**RECORDS SHOWN:**
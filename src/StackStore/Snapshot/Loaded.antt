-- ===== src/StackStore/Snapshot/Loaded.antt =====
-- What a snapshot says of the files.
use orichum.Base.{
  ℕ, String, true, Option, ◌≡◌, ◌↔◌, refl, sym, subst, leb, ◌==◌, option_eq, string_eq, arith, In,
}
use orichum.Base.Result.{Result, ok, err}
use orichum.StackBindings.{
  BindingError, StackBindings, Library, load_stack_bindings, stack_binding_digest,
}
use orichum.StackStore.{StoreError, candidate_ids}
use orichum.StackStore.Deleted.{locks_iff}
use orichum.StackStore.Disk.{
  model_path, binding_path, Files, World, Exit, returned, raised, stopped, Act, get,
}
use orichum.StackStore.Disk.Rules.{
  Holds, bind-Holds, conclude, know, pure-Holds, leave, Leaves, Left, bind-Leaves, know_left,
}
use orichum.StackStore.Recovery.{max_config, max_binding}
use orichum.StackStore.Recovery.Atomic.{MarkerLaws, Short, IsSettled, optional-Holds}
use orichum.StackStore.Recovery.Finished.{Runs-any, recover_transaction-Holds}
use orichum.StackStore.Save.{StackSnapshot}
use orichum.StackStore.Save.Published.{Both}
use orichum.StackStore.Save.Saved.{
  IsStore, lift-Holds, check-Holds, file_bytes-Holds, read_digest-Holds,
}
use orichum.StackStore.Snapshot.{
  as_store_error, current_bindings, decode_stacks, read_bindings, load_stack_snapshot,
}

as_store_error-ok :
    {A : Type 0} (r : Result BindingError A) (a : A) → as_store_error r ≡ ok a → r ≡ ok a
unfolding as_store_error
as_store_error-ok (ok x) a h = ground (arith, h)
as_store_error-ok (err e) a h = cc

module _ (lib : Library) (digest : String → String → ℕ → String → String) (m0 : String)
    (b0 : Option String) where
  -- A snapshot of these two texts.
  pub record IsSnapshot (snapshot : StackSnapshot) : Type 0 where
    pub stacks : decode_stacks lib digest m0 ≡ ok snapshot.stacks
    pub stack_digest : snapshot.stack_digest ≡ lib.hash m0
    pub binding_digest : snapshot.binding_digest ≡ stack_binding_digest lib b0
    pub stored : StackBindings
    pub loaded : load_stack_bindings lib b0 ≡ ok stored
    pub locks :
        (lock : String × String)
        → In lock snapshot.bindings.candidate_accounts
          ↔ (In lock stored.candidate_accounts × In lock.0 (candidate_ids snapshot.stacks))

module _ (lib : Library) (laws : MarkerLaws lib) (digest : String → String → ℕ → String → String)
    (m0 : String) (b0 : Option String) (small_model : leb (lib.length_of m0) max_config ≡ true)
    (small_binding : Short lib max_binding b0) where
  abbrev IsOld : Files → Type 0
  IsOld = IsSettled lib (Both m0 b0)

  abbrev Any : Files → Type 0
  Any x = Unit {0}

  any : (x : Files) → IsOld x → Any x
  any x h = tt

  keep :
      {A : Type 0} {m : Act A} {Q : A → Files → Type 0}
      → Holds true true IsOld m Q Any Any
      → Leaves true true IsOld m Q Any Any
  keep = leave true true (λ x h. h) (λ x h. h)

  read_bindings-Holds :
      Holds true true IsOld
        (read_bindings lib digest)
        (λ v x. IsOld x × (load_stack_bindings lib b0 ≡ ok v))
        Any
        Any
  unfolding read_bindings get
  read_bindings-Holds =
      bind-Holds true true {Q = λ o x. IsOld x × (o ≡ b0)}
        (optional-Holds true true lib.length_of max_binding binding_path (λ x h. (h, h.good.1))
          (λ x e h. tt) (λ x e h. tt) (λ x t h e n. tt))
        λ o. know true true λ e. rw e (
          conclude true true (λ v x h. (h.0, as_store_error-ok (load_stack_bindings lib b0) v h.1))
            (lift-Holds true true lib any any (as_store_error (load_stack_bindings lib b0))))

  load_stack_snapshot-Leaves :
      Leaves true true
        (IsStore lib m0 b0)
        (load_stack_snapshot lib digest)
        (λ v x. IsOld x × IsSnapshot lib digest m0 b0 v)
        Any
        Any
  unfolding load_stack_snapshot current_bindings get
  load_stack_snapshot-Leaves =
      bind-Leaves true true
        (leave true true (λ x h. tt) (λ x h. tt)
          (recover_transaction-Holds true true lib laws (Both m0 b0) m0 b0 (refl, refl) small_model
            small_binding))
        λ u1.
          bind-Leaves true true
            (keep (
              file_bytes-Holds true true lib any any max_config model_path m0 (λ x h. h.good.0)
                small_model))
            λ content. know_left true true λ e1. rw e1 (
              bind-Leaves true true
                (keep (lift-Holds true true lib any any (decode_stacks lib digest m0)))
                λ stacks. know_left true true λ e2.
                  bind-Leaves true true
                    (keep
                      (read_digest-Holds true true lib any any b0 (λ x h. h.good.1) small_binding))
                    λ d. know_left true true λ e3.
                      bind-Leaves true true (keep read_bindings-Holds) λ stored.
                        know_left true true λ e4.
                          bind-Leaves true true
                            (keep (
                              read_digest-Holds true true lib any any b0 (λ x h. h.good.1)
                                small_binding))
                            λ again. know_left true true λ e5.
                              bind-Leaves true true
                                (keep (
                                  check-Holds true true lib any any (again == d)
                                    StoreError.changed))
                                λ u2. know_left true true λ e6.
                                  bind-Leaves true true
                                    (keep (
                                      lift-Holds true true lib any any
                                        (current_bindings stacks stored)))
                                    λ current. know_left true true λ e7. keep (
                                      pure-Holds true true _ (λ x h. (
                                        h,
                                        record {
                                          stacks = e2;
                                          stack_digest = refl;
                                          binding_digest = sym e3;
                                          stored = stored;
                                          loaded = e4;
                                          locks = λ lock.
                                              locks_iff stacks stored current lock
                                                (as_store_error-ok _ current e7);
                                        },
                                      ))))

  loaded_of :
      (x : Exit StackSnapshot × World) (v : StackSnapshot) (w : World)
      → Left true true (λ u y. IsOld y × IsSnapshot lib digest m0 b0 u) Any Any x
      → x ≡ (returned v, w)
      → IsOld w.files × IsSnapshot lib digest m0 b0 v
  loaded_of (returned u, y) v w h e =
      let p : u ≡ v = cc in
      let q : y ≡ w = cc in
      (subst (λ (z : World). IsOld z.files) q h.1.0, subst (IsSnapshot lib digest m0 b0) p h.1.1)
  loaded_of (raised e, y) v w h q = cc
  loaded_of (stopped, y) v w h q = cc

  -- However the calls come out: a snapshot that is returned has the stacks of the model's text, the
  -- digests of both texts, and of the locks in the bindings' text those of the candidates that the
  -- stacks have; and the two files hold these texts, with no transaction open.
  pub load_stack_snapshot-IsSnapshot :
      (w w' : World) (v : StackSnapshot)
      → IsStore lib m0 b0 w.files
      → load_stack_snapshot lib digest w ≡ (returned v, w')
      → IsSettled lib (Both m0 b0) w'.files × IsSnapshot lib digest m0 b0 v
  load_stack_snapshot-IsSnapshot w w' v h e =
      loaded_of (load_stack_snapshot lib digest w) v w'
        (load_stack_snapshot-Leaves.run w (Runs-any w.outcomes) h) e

**EXERCISE DESCRIPTION:**
Whatever else the listing above holds, retype exactly only the lines from the one containing "any x h = tt" to the one containing "small_model))", both ends kept.

**ANSWER TO THE PROBLEM:**
  any x h = tt

  keep :
      {A : Type 0} {m : Act A} {Q : A → Files → Type 0}
      → Holds true true IsOld m Q Any Any
      → Leaves true true IsOld m Q Any Any
  keep = leave true true (λ x h. h) (λ x h. h)

  read_bindings-Holds :
      Holds true true IsOld
        (read_bindings lib digest)
        (λ v x. IsOld x × (load_stack_bindings lib b0 ≡ ok v))
        Any
        Any
  unfolding read_bindings get
  read_bindings-Holds =
      bind-Holds true true {Q = λ o x. IsOld x × (o ≡ b0)}
        (optional-Holds true true lib.length_of max_binding binding_path (λ x h. (h, h.good.1))
          (λ x e h. tt) (λ x e h. tt) (λ x t h e n. tt))
        λ o. know true true λ e. rw e (
          conclude true true (λ v x h. (h.0, as_store_error-ok (load_stack_bindings lib b0) v h.1))
            (lift-Holds true true lib any any (as_store_error (load_stack_bindings lib b0))))

  load_stack_snapshot-Leaves :
      Leaves true true
        (IsStore lib m0 b0)
        (load_stack_snapshot lib digest)
        (λ v x. IsOld x × IsSnapshot lib digest m0 b0 v)
        Any
        Any
  unfolding load_stack_snapshot current_bindings get
  load_stack_snapshot-Leaves =
      bind-Leaves true true
        (leave true true (λ x h. tt) (λ x h. tt)
          (recover_transaction-Holds true true lib laws (Both m0 b0) m0 b0 (refl, refl) small_model
            small_binding))
        λ u1.
          bind-Leaves true true
            (keep (
              file_bytes-Holds true true lib any any max_config model_path m0 (λ x h. h.good.0)
                small_model))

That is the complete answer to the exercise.